Task statement: Exactly the lines from the one with "pub count-has : (a" to the end of the listing must be repeated, both ends included, with nothing added.
===== Records to use =====
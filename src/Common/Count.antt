-- ===== src/Common/Count.antt =====
-- How often an address is in a list; a list is distinct if none is in it twice.
use Prim.Native.Nat.{ℕ, ◌+◌, ◌≤◌}
use mathlib.Core.Path.{◌≡◌, refl}
use mathlib.Core.Bool.{false}
use mathlib.Core.List.{List, [], ◌∷◌, ◌++◌}
use native.Mathlib.Omega.{arith}
use qphi.Common.Tests.{◌==◌, if◌then◌else◌}
use qphi.Common.Sets.{has, Distinct}

abbrev pub count : ℕ → List ℕ → ℕ
count a [] = 0
count a (x ∷ xs) = (if a == x then 1 else 0) + count a xs

pub count-append :
    (n : ℕ) (front back : List ℕ) → count n (front ++ back) ≡ count n front + count n back
count-append n [] back = omega arith
count-append n (m ∷ front) back = let rest = count-append n front back in omega arith

pub count-has : (a : ℕ) (xs : List ℕ) → has a xs ≡ false → count a xs ≡ 0
count-has a [] h = refl
count-has a (x ∷ xs) h = ground (arith, count-has a xs)

pub has-count : (a : ℕ) (xs : List ℕ) → count a xs ≡ 0 → has a xs ≡ false
has-count a [] h = refl
has-count a (x ∷ xs) h = ground (arith, has-count a xs)

pub count-Distinct : (xs : List ℕ) → Distinct xs → (a : ℕ) → count a xs ≤ 1
count-Distinct [] d a = omega arith
count-Distinct (x ∷ xs) d a = let r = count-Distinct xs d.1 a in ground (arith, count-has a xs, d.0)

pub Distinct-count : (xs : List ℕ) → ((a : ℕ) → count a xs ≤ 1) → Distinct xs
Distinct-count [] h = tt
Distinct-count (x ∷ xs) h =
    let hx = h x in
    (ground (arith, has-count x xs), Distinct-count xs (λ a. let k = h a in ground arith))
=====
Response to the task:
pub count-has : (a : ℕ) (xs : List ℕ) → has a xs ≡ false → count a xs ≡ 0
count-has a [] h = refl
count-has a (x ∷ xs) h = ground (arith, count-has a xs)

pub has-count : (a : ℕ) (xs : List ℕ) → count a xs ≡ 0 → has a xs ≡ false
has-count a [] h = refl
has-count a (x ∷ xs) h = ground (arith, has-count a xs)

pub count-Distinct : (xs : List ℕ) → Distinct xs → (a : ℕ) → count a xs ≤ 1
count-Distinct [] d a = omega arith
count-Distinct (x ∷ xs) d a = let r = count-Distinct xs d.1 a in ground (arith, count-has a xs, d.0)

pub Distinct-count : (xs : List ℕ) → ((a : ℕ) → count a xs ≤ 1) → Distinct xs
Distinct-count [] h = tt
Distinct-count (x ∷ xs) h =
    let hx = h x in
    (ground (arith, has-count x xs), Distinct-count xs (λ a. let k = h a in ground arith))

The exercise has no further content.